%%
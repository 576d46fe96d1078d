-- ===== src/Edge/Pool/Invariant/Install.antt =====
-- `install` of internal/edge/pool.go makes and keeps the pool's invariant.
use caramelo.Common.{
  ℕ, suc, ◌+◌, ◌≤◌, ◌<◌, ◌≡◌, refl, sym, ap, subst, ◌⊎◌, inl, inr, List, [], ◌∷◌, ◌++◌, Option,
  none, some, arith, length, length-append, All, All-append, Bool-cases, Option-cases, ◌==◌, nat_eq,
  insert, erase, lookup, if◌then◌else◌, loop, leb, Bytes,
}
use caramelo.Edge.{Target, Route, state_eq}
use caramelo.Edge.Host.{normalize_host}
use caramelo.Edge.Pool.State.{Tracked, RoutePool, CountMark, max_count_marks, snapshot, trim_marks}
use caramelo.Edge.Pool.Install.{
  Pass, by_replica, fresh, kept, add_fresh, add_kept, reusable, install_target, insert_sorted,
  sort_tracked, is_idle, report_idle, report_all, settle_drain, install_pass, install,
}
use caramelo.Edge.Pool.Invariant.{IsSettled, PoolInv}

abbrev pub Numbered : ℕ → Tracked → Type 0
Numbered seq ts = All (λ c. c.0 ≤ seq) ts.conns

record PassInv (seq : ℕ) (pass : Pass) : Type 0 where
  next_numbered : All (Numbered seq) pass.next
  old_numbered : All (λ e. Numbered seq e.1) pass.old

module _ {ℓ} (P : Tracked → Type ℓ) where
  insert-All :
      (k : ℕ) (ts : Tracked) (m : List (ℕ × Tracked))
      → P ts
      → All (λ e. P e.1) m
      → All (λ e. P e.1) (insert k ts m)
  unfolding insert
  insert-All k ts [] h a = (h, tt)
  insert-All k ts ((j, x) ∷ m) h a = elim (Bool-cases (j == k)) [
    | inl hit ↦ rw hit (h, a.1)
    | inr miss ↦ rw miss (a.0, insert-All k ts m h a.1)
  ]

  erase-All : (k : ℕ) (m : List (ℕ × Tracked)) → All (λ e. P e.1) m → All (λ e. P e.1) (erase k m)
  unfolding erase
  erase-All k [] a = tt
  erase-All k ((j, x) ∷ m) a = elim (Bool-cases (j == k)) [
    | inl hit ↦ rw hit (erase-All k m a.1)
    | inr miss ↦ rw miss (a.0, erase-All k m a.1)
  ]

  lookup-All :
      (k : ℕ) (m : List (ℕ × Tracked)) (ts : Tracked)
      → All (λ e. P e.1) m
      → lookup k m ≡ some ts
      → P ts
  unfolding lookup
  lookup-All k [] ts a e = cc
  lookup-All k ((j, x) ∷ m) ts a e = elim (Bool-cases (j == k)) [
    | inl hit ↦ subst P (ground arith) a.0
    | inr miss ↦ lookup-All k m ts a.1 (ground arith)
  ]

  by_replica-All :
      (old : List (ℕ × Tracked)) (tss : List Tracked)
      → All (λ e. P e.1) old
      → All P tss
      → All (λ e. P e.1) (by_replica old tss)
  unfolding by_replica
  by_replica-All old [] h a = h
  by_replica-All old (ts ∷ tss) h a =
      by_replica-All (insert ts.t.replica ts old) tss (insert-All ts.t.replica ts old a.0 h) a.1

  insert_sorted-All :
      (ts : Tracked) (xs : List Tracked) → P ts → All P xs → All P (insert_sorted ts xs)
  unfolding insert_sorted
  insert_sorted-All ts [] h a = (h, tt)
  insert_sorted-All ts (x ∷ xs) h a = elim (Bool-cases (leb ts.t.replica x.t.replica)) [
    | inl below ↦ rw below (h, a)
    | inr above ↦ rw above (a.0, insert_sorted-All ts xs h a.1)
  ]

  pub sort_tracked-All : (xs : List Tracked) → All P xs → All P (sort_tracked xs)
  unfolding sort_tracked
  sort_tracked-All [] a = tt
  sort_tracked-All (x ∷ xs) a = insert_sorted-All x (sort_tracked xs) a.0 (sort_tracked-All xs a.1)

kept_conns : (now : ℕ) (want : Target) (ts : Tracked) → (kept now want ts).conns ≡ ts.conns
unfolding kept
kept_conns now want ts = ground arith

pub reusable-eq-some :
    (want : Target) (o : Option Tracked) (ts : Tracked)
    → reusable want o ≡ some ts
    → (o ≡ some ts) × (ts.t.port ≡ want.port)
unfolding reusable
reusable-eq-some want none ts e = cc
reusable-eq-some want (some x) ts e = ground arith

install_target-PassInv :
    (seq : ℕ) (host : Bytes) (now : ℕ) (pass : Pass) (want : Target)
    → PassInv seq pass
    → PassInv seq (install_target host now pass want)
unfolding install_target add_fresh add_kept fresh
install_target-PassInv seq host now pass want v =
    elim (Option-cases (reusable want (lookup want.replica pass.old))) [
      | inl e ↦
          rw (e, install_target)
            (record {
              next_numbered = All-append (Numbered seq) pass.next _ v.next_numbered (tt, tt);
              old_numbered = v.old_numbered;
            })
      | inr (ts, e) ↦
          let numbered : Numbered seq ts =
            lookup-All (Numbered seq) want.replica pass.old ts v.old_numbered
              (reusable-eq-some want _ ts e).0 in
          rw (e, install_target)
            (record {
              next_numbered =
                  All-append (Numbered seq) pass.next _ v.next_numbered
                    (subst (All (λ c. c.0 ≤ seq)) (sym (kept_conns now want ts)) numbered, tt);
              old_numbered = erase-All (Numbered seq) want.replica pass.old v.old_numbered;
            })
    ]

loop-PassInv :
    (seq : ℕ) (host : Bytes) (now : ℕ) (pass : Pass) (wants : List Target)
    → PassInv seq pass
    → PassInv seq (loop (install_target host now) pass wants)
loop-PassInv seq host now pass [] v = v
loop-PassInv seq host now pass (w ∷ ws) v =
    loop-PassInv seq host now (install_target host now pass w) ws
      (install_target-PassInv seq host now pass w v)

report_all-IsSettled :
    (seq : ℕ) (tss : List Tracked) → All (Numbered seq) tss → All (IsSettled seq) (report_all tss)
unfolding report_all report_idle is_idle
report_all-IsSettled seq [] a = tt
report_all-IsSettled seq (ts ∷ tss) a = (
  elim (Bool-cases (is_idle ts)) [
    | inl idle ↦ rw idle (record { settled = λ _ _. refl; numbered = a.0 })
    | inr busy ↦ rw busy (record { settled = λ e z. ground arith; numbered = a.0 })
  ],
  report_all-IsSettled seq tss a.1,
)

length-report_all : (tss : List Tracked) → length (report_all tss) ≡ length tss
unfolding report_all
length-report_all [] = refl
length-report_all (ts ∷ tss) = ap suc (length-report_all tss)

settle_drain_pos : (wanted option : ℕ) → 0 < settle_drain wanted option
unfolding settle_drain
settle_drain_pos wanted option = ground arith

length-trim_marks :
    (ms : List CountMark)
    → length ms ≤ max_count_marks + 1
    → length (trim_marks ms) ≤ max_count_marks
unfolding trim_marks
length-trim_marks [] h = omega arith
length-trim_marks (m ∷ ms) h = ground arith

trim_marks-le :
    (ms : List CountMark) (m : CountMark)
    → length ms ≤ max_count_marks
    → length (trim_marks (ms ++ m ∷ [])) ≤ max_count_marks
trim_marks-le ms m h = length-trim_marks (ms ++ m ∷ []) (omega (arith, length-append ms (m ∷ [])))

reset_pointer :
    (n next len : ℕ)
    → n ≡ len
    → ((if leb n next then 0 else next) < len) ⊎ ((if leb n next then 0 else next) ≡ 0)
reset_pointer n next len e = ground arith

-- Whatever the pool was with its connections numbered and few marks, an install settles it.
pub install-PoolInv :
    (now incarnations : ℕ) (r : Route) (p : RoutePool)
    → All (Numbered p.seq) p.targets
    → length p.marks ≤ max_count_marks
    → PoolInv (install now incarnations r p).pool
unfolding install snapshot install_pass
install-PoolInv now incarnations r p numbered few =
    let pass = install_pass now incarnations r p in
    let v : PassInv p.seq pass =
      loop-PassInv p.seq (normalize_host r.host) now _ r.targets (record {
        next_numbered = tt;
        old_numbered = by_replica-All (Numbered p.seq) [] p.targets tt numbered;
      }) in
    record {
      each =
          report_all-IsSettled p.seq _
            (sort_tracked-All (Numbered p.seq) pass.next v.next_numbered);
      drain_pos = settle_drain_pos r.drain p.drain_option;
      pointer = reset_pointer _ p.next _ (sym (length-report_all (sort_tracked pass.next)));
      few_marks = trim_marks-le p.marks _ few;
    }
%%
### Exercise brief
Look above for the line with "incarnations r p).pool", then copy it and each later line exactly, stopping at the last line of the records.

### Expected output
    → PoolInv (install now incarnations r p).pool
unfolding install snapshot install_pass
install-PoolInv now incarnations r p numbered few =
    let pass = install_pass now incarnations r p in
    let v : PassInv p.seq pass =
      loop-PassInv p.seq (normalize_host r.host) now _ r.targets (record {
        next_numbered = tt;
        old_numbered = by_replica-All (Numbered p.seq) [] p.targets tt numbered;
      }) in
    record {
      each =
          report_all-IsSettled p.seq _
            (sort_tracked-All (Numbered p.seq) pass.next v.next_numbered);
      drain_pos = settle_drain_pos r.drain p.drain_option;
      pointer = reset_pointer _ p.next _ (sym (length-report_all (sort_tracked pass.next)));
      few_marks = trim_marks-le p.marks _ few;
    }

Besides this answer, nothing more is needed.